EXAMPLE FIVE Blocks of Flats If an insured would be able to reclaim the VAT portion of invoices incurred as part of the claim settlement then: • they do not need to include VAT within the sum insured If an insured would be unable to reclaim the VAT portion of invoices incurred as part of the claim settlement then: • they should include VAT within the sum insured to avoid potential under-insurance There are also complexities which mean that even a VAT registered organisation may not be able to reclaim VAT in all circumstances. For example: • Where a VAT registered organisation uses only part of a property to generate taxable income they will only be able to reclaim VAT on the portion that generates taxable income. This means that VAT would be partially recoverable on reinstatement of the building. • Where a VAT registered property owner opts not to tax rents on a particular property no VAT would be recoverable on reinstatement of that building.
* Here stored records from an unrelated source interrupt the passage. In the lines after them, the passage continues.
-- ===== src/Breakpad/Resolver.antt =====
-- `BreakpadResolver` of src/breakpad/resolver.rs. Paths are split by `Path::components` of the standard
-- library: `last_component` is a path's last component behind the path in front of it.
use blazesym.Common.{ℕ, sym, Bool, true, false, Option, none, some, List, [], ◌∷◌, if◌then◌else◌}
use blazesym.Common.Outcome.{Outcome, ok, ◌>>=◌, ok_or_invalid_input}
use blazesym.Symbolize.{
  FindSymOpts, wants_code_info, wants_inlined_fns, CodeInfo, ResolvedSym, Found, found, not_found,
  unknown, missing_syms, unknown_addr,
}
use blazesym.Gsym.Resolver.{Frames, push_frame}
use blazesym.Gsym.Resolver.Inlined.{Read}
use blazesym.Breakpad.{Inlinee, Function, SymbolFile, find_line, find_inlinees, find_function}

abbrev pub no_functions : SymbolFile → Bool
no_functions file = elim (file.functions) [ [] ↦ true | f ∷ fs ↦ false ]

abbrev pub filled_path : List ℕ → Option (List ℕ)
filled_path [] = none
filled_path (b ∷ bs) = some (b ∷ bs)

module _ (last_component : List ℕ → Option (List ℕ × List ℕ)) (file : SymbolFile) where
  pub find_source_location : (id : ℕ) → Outcome (Option (List ℕ) × List ℕ)
  find_source_location id = do
    path ← ok_or_invalid_input (file.files id)
    (dir, name) ← ok_or_invalid_input (last_component path)
    ok (filled_path dir, name)

  pub find_inlinee_name : (origin_id : ℕ) → Outcome (List ℕ)
  find_inlinee_name origin_id = ok_or_invalid_input (file.inline_origins origin_id)

  pub code_info_at : (id line : ℕ) → Outcome CodeInfo
  unfolding find_source_location
  code_info_at id line = find_source_location id >>= λ location.
      ok (record { dir = location.0; file = location.1; line = some line; column = none })

  -- The loop over the inline stack, with the swaps of the code information.
  pub push_inlinees : List Inlinee → Frames → Outcome Frames
  unfolding find_inlinee_name code_info_at
  push_inlinees [] frames = ok frames
  push_inlinees (inlinee ∷ rest) frames = do
    name ← find_inlinee_name inlinee.origin_id
    info ← code_info_at inlinee.call_file inlinee.call_line
    push_inlinees rest (push_frame name (some info) frames)

  abbrev pub with_frames : ResolvedSym → Frames → ResolvedSym
  with_frames sym frames = record sym {
    code_info = some frames.line_info;
    inlined = frames.inlined;
  }

  unfoldable pub fill_code_info :
      ResolvedSym → (addr : ℕ) → FindSymOpts → Function → Outcome ResolvedSym
  unfolding code_info_at push_inlinees
  fill_code_info sym addr opts func = elim (find_line func addr) [
    | none ↦ ok sym
    | some source_line ↦
        let filled : Outcome ResolvedSym = do
          direct ← code_info_at source_line.file source_line.line
          frames ←
              push_inlinees (if wants_inlined_fns opts then find_inlinees func addr else [])
                (record { inlined = []; line_info = direct })
          ok (with_frames sym frames)
        in if wants_code_info opts then filled else ok sym
  ]

  unfoldable pub find_sym : (addr : ℕ) → FindSymOpts → Outcome Found
  unfolding fill_code_info
  find_sym addr opts = elim (find_function file addr) [
    | none ↦ ok (not_found (if no_functions file then missing_syms else unknown_addr))
    | some func ↦ do
      sym ←
          fill_code_info
            (record {
              name = func.name;
              addr = func.addr;
              size = some func.size;
              lang = unknown;
              code_info = none;
              inlined = [];
            })
            addr opts func
      ok (found sym)
  ]

  -- the names and call sites of the inlinees, or the first error
  abbrev pub read_inlinees : List Inlinee → Outcome (List Read)
  read_inlinees [] = ok []
  read_inlinees (inlinee ∷ rest) = do
    name ← find_inlinee_name inlinee.origin_id
    info ← code_info_at inlinee.call_file inlinee.call_line
    reads ← read_inlinees rest
    ok ((name, some info) ∷ reads)
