-- ===== src/Util/Search/LowestMatch.antt =====
-- What `find_lowest_match_by_key` returns on a slice that is sorted by its keys.
use blazesym.Common.{
  ℕ, ◌≡◌, inl, inr, Bool, true, false, Option, none, some, List, arith, get_elem?, get_elem?-some,
  get_elem?-lt, Bool-cases, Option-cases, dec_lt,
}
use blazesym.Util.Order.{Ord, le-lt_trans}
use blazesym.Util.Search.{
  partition_point, is_lt, is_eq, cmp, find_lowest_match_by, find_lowest_match_by_key,
}
use blazesym.Util.Search.Partition.{IsPartitioned, IsPartitionPoint, partition_point_lem}
use blazesym.Util.Search.LowerBound.{IsSortedBy, AllSmaller}

module _ {ℓ} {A K : Type ℓ} ⦃o : Ord K⦄ (key : A → K) (slice : List A) where
  -- the first element with the key `b`, or nothing where no element has it
  abbrev pub IsLowestMatch : (b : K) → Option ℕ → Type ℓ
  IsLowestMatch b none = (i : ℕ) (x : A) → get_elem? slice i ≡ some x → o.eq (key x) b ≡ false
  IsLowestMatch b (some r) =
      (e : A) × (get_elem? slice r ≡ some e) × (key e ≡ b) × AllSmaller key slice b r

  is_lt-cmp : (a b : K) → is_lt (cmp a b) ≡ o.lt a b
  is_lt-cmp a b = ground arith

  is_eq-cmp : (a b : K) → is_eq (cmp a b) ≡ true → a ≡ b
  is_eq-cmp a b h = ground (arith, o.eq_iff a b)

  is_eq-cmp_self : (a b : K) → a ≡ b → is_eq (cmp a b) ≡ true
  is_eq-cmp_self a b e = ground (arith, o.eq_iff a b, e, o.lt-irrefl b)

  module _ (sorted : IsSortedBy key slice) (b : K) where
    abbrev before : A → Bool
    before e = is_lt (cmp (key e) b)

    before-IsPartitioned : IsPartitioned before slice
    before-IsPartitioned i j x y h hx hy t =
        rw (is_lt-cmp (key x) b)
          (le-lt_trans (key x) (key y) b (sorted i j x y h hx hy) (rw (is_lt-cmp (key y) b) at t))

    not_before : (k : K) → k ≡ b → o.lt k b ≡ true → ⊥
    not_before k e h = cc (o.lt-irrefl b)

    module _ (p : ℕ) (pp : IsPartitionPoint before slice p) where
      -- an equal element behind the partition point would make the one at the point equal
      no_match :
          ((x : A) → get_elem? slice p ≡ some x → is_eq (cmp (key x) b) ≡ false)
          → IsLowestMatch b none
      no_match miss i x hx = elim (Bool-cases (o.eq (key x) b)) [
        | inr t ↦ t
        | inl t ↦
            let k : key x ≡ b = (o.eq_iff (key x) b).0 t in
            absurd (elim (dec_lt i p) [
              | yes h ↦ not_before (key x) k (rw (is_lt-cmp (key x) b) at (pp.1 i x h hx))
              | no h ↦
                  let (e, at) = get_elem?-some slice p (omega (arith, get_elem?-lt slice i x hx)) in
                  let e_ge : o.lt (key e) b ≡ false =
                    rw (is_lt-cmp (key e) b) at (pp.2 p e (omega arith) at) in
                  let e_le : o.lt b (key e) ≡ false =
                    rw k at (sorted p i e x (omega arith) at hx) in
                  cc (miss e at, is_eq-cmp_self (key e) b (o.lt-connected (key e) b e_ge e_le))
            ])
      ]

      first_match :
          (e : A)
          → get_elem? slice p ≡ some e
          → is_eq (cmp (key e) b) ≡ true
          → IsLowestMatch b (some p)
      first_match e at t =
          (e, at, is_eq-cmp (key e) b t, λ i x h hx. rw (is_lt-cmp (key x) b) at (pp.1 i x h hx))

    -- On a slice that is sorted by its keys, `find_lowest_match_by_key` answers the index of the
    -- first element with the key looked for: all elements in front of it have smaller keys. It
    -- answers nothing only where no element has the key.
    pub find_lowest_match_by_key_lem : IsLowestMatch b (find_lowest_match_by_key slice b key)
    unfolding find_lowest_match_by_key
    find_lowest_match_by_key_lem =
        let p : ℕ = partition_point before slice in
        let pp : IsPartitionPoint before slice p =
          partition_point_lem before slice before-IsPartitioned in
        elim (Option-cases (get_elem? slice p)) [
          | inl past ↦
              rw (past, find_lowest_match_by_key, find_lowest_match_by)
                (no_match p pp (λ x hx. cc (past, hx)))
          | inr (e, at) ↦ elim (Bool-cases (is_eq (cmp (key e) b))) [
            | inl t ↦
                rw (at, t, find_lowest_match_by_key, find_lowest_match_by) (first_match p pp e at t)
            | inr t ↦
                rw (at, t, find_lowest_match_by_key, find_lowest_match_by)
                  (no_match p pp (λ x hx. ground (arith, hx, at, t)))
          ]
        ]
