-- ===== src/Util/Search/Exact.antt =====
-- `find_match_or_lower_bound_by_key` and `find_lowest_match_by_key` of src/util.rs for a key that some element of the slice has.
use blazesym.Common.{
  ℕ, ◌≤◌, ◌<◌, ◌≡◌, refl, Option, none, some, List, arith, leb, leb→le, get_elem?, Bool-cases, inl,
  inr,
}
use blazesym.Util.Order.{Ord}
use blazesym.Util.Search.{find_match_or_lower_bound_by_key, find_lowest_match_by_key}
use blazesym.Util.Search.LowestMatch.{IsLowestMatch, find_lowest_match_by_key_lem}
use blazesym.Util.Search.LowerBound.{IsSortedBy, IsLowerBound, find_match_or_lower_bound_by_key_lem}

module _ {ℓ} {A K : Type ℓ} ⦃o : Ord K⦄ (key : A → K) (slice : List A)
    (sorted : IsSortedBy key slice) (p : ℕ) (x : A) (at : get_elem? slice p ≡ some x) where
  -- the search answers an index in front of the element or at it, and from there to the element all
  -- keys are the same
  abbrev pub IsFirst : Option ℕ → Type ℓ
  IsFirst r? =
      (r : ℕ) × (r? ≡ some r)
      × (r ≤ p)
      × ((j : ℕ) (y : A) → r ≤ j → j ≤ p → get_elem? slice j ≡ some y → key y ≡ key x)

  bound-IsFirst : (r? : Option ℕ) → IsLowerBound key slice (key x) r? → IsFirst r?
  bound-IsFirst none above =
      absurd (let h = above p x at in let no = o.lt-irrefl (key x) in cc (h, no))
  bound-IsFirst (some r) (first, at_r, below, most, rest) =
      let own : key first ≡ key x =
        o.lt-connected (key first) (key x) (most p x at (o.lt-irrefl (key x))) below in
      let le : r ≤ p = elim (Bool-cases (leb r p)) [
        | inl t ↦ leb→le r p t
        | inr t ↦
            let front : p < r = ground (arith, t) in
            absurd (elim rest [
              | inl smaller ↦ let h = smaller p x front at in let no = o.lt-irrefl (key x) in cc
              | inr (less, equal, above) ↦ let no = o.lt-irrefl (key x) in cc (less, own, no)
            ])
      ] in
      (
        r,
        refl,
        le,
        λ j y from to at_y.
            o.lt-connected (key y) (key x) (rw (← own) (sorted r j first y from at_r at_y))
              (sorted j p y x to at_y at),
      )

  pub find_match_or_lower_bound_by_key-IsFirst :
      IsFirst (find_match_or_lower_bound_by_key key slice (key x))
  find_match_or_lower_bound_by_key-IsFirst =
      bound-IsFirst (find_match_or_lower_bound_by_key key slice (key x))
        (find_match_or_lower_bound_by_key_lem key slice sorted (key x))

  lowest-IsFirst : (r? : Option ℕ) → IsLowestMatch key slice (key x) r? → IsFirst r?
  lowest-IsFirst none differ =
      absurd (let h = differ p x at in let same = (o.eq_iff (key x) (key x)).1 refl in cc (h, same))
  lowest-IsFirst (some r) (first, at_r, own, smaller) =
      let le : r ≤ p = elim (Bool-cases (leb r p)) [
        | inl t ↦ leb→le r p t
        | inr t ↦
            let front : p < r = ground (arith, t) in
            absurd (let h = smaller p x front at in let no = o.lt-irrefl (key x) in cc (h, no))
      ] in
      (
        r,
        refl,
        le,
        λ j y from to at_y.
            o.lt-connected (key y) (key x) (rw (← own) (sorted r j first y from at_r at_y))
              (sorted j p y x to at_y at),
      )

  pub find_lowest_match_by_key-IsFirst : IsFirst (find_lowest_match_by_key slice (key x) key)
  find_lowest_match_by_key-IsFirst =
      lowest-IsFirst (find_lowest_match_by_key slice (key x) key)
        (find_lowest_match_by_key_lem key slice sorted (key x))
A VAT registered organisation may benefit from certain exemptions, the reduced rate of VAT in certain circumstances, or specific VAT rules may apply to their trade. Only the insured and their accountant or other financial or tax advisor will be able to assess whether this applies and the impact it may have. Confusion often occurs when considering residential buildings. New build residential buildings and 100% re-build of residential buildings are zero rated for VAT purposes; that is to say that no VAT is charged. However, this requires that reinstatement of the building is considered to be 100% re-build. Often, foundations remain intact and that could be sufficient for the building not to be considered as 100% re-build for VAT purposes. In addition, VAT does apply to demolition work and professional fees, and outbuildings may be subject to VAT even where the main building is residential. In reality, the majority of losses that we see are partial losses, where the claim relates to repairs to the building. These partial losses will all attract VAT, even for residential buildings. In summary, if the insured is unsure whether they would be able to reclaim the VAT portion of invoices incurred as part of a claim settlement then they should seek specialist advice. Failing that, they should include VAT within the sum insured to ensure they are not underinsured in the event of a loss, especially as VAT will apply to partial losses. An insured may exclude VAT from the sum insured where they are confident that in the event of a loss of any type / nature they will be able to fully recover all VAT.